▶ [Task instructions] The lines below that include "Requested" are to be found and copied.

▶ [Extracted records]
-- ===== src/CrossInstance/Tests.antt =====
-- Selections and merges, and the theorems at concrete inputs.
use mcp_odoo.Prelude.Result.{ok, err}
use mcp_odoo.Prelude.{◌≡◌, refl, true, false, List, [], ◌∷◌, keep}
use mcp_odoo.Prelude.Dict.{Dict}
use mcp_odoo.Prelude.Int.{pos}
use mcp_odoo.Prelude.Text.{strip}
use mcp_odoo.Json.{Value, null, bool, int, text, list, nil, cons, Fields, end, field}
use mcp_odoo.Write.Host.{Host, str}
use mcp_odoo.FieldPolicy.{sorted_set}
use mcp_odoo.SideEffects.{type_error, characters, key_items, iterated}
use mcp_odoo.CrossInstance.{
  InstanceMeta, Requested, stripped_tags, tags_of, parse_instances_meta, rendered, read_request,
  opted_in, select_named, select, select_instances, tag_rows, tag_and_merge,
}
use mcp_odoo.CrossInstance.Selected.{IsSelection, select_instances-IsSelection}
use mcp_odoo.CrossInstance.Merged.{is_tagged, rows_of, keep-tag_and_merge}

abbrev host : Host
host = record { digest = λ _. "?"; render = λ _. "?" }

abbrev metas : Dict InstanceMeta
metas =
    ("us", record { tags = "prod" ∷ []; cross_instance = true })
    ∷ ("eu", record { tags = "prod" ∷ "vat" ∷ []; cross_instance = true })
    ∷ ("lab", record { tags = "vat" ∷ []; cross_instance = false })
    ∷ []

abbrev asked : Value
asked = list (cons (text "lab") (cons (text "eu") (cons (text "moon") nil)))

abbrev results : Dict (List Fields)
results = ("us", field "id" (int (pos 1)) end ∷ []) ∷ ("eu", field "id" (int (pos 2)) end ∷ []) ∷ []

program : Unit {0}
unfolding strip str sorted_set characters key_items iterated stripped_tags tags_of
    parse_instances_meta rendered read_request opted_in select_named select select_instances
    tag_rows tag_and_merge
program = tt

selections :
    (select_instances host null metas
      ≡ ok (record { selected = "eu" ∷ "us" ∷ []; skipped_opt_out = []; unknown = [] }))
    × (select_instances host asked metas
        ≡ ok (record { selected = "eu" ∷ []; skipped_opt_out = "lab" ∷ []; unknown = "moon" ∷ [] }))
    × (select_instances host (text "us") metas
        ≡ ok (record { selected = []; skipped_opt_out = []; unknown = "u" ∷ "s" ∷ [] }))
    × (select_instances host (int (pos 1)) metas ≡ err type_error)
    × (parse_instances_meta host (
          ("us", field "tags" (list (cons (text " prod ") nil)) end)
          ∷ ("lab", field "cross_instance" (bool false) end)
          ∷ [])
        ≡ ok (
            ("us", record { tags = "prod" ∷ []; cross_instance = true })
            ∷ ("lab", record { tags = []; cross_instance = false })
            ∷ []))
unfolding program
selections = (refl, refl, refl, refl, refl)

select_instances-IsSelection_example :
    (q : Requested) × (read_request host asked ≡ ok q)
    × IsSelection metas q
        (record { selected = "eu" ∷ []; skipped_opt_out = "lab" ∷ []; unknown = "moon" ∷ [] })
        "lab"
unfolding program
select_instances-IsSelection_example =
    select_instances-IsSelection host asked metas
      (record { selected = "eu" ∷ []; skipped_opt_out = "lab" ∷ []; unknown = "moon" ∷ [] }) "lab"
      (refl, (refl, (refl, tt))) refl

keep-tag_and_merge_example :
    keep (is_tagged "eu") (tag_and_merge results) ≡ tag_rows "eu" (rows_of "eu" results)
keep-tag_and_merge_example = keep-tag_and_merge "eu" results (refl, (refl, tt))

▶ [Exercise output]
  InstanceMeta, Requested, stripped_tags, tags_of, parse_instances_meta, rendered, read_request,
    (q : Requested) × (read_request host asked ≡ ok q)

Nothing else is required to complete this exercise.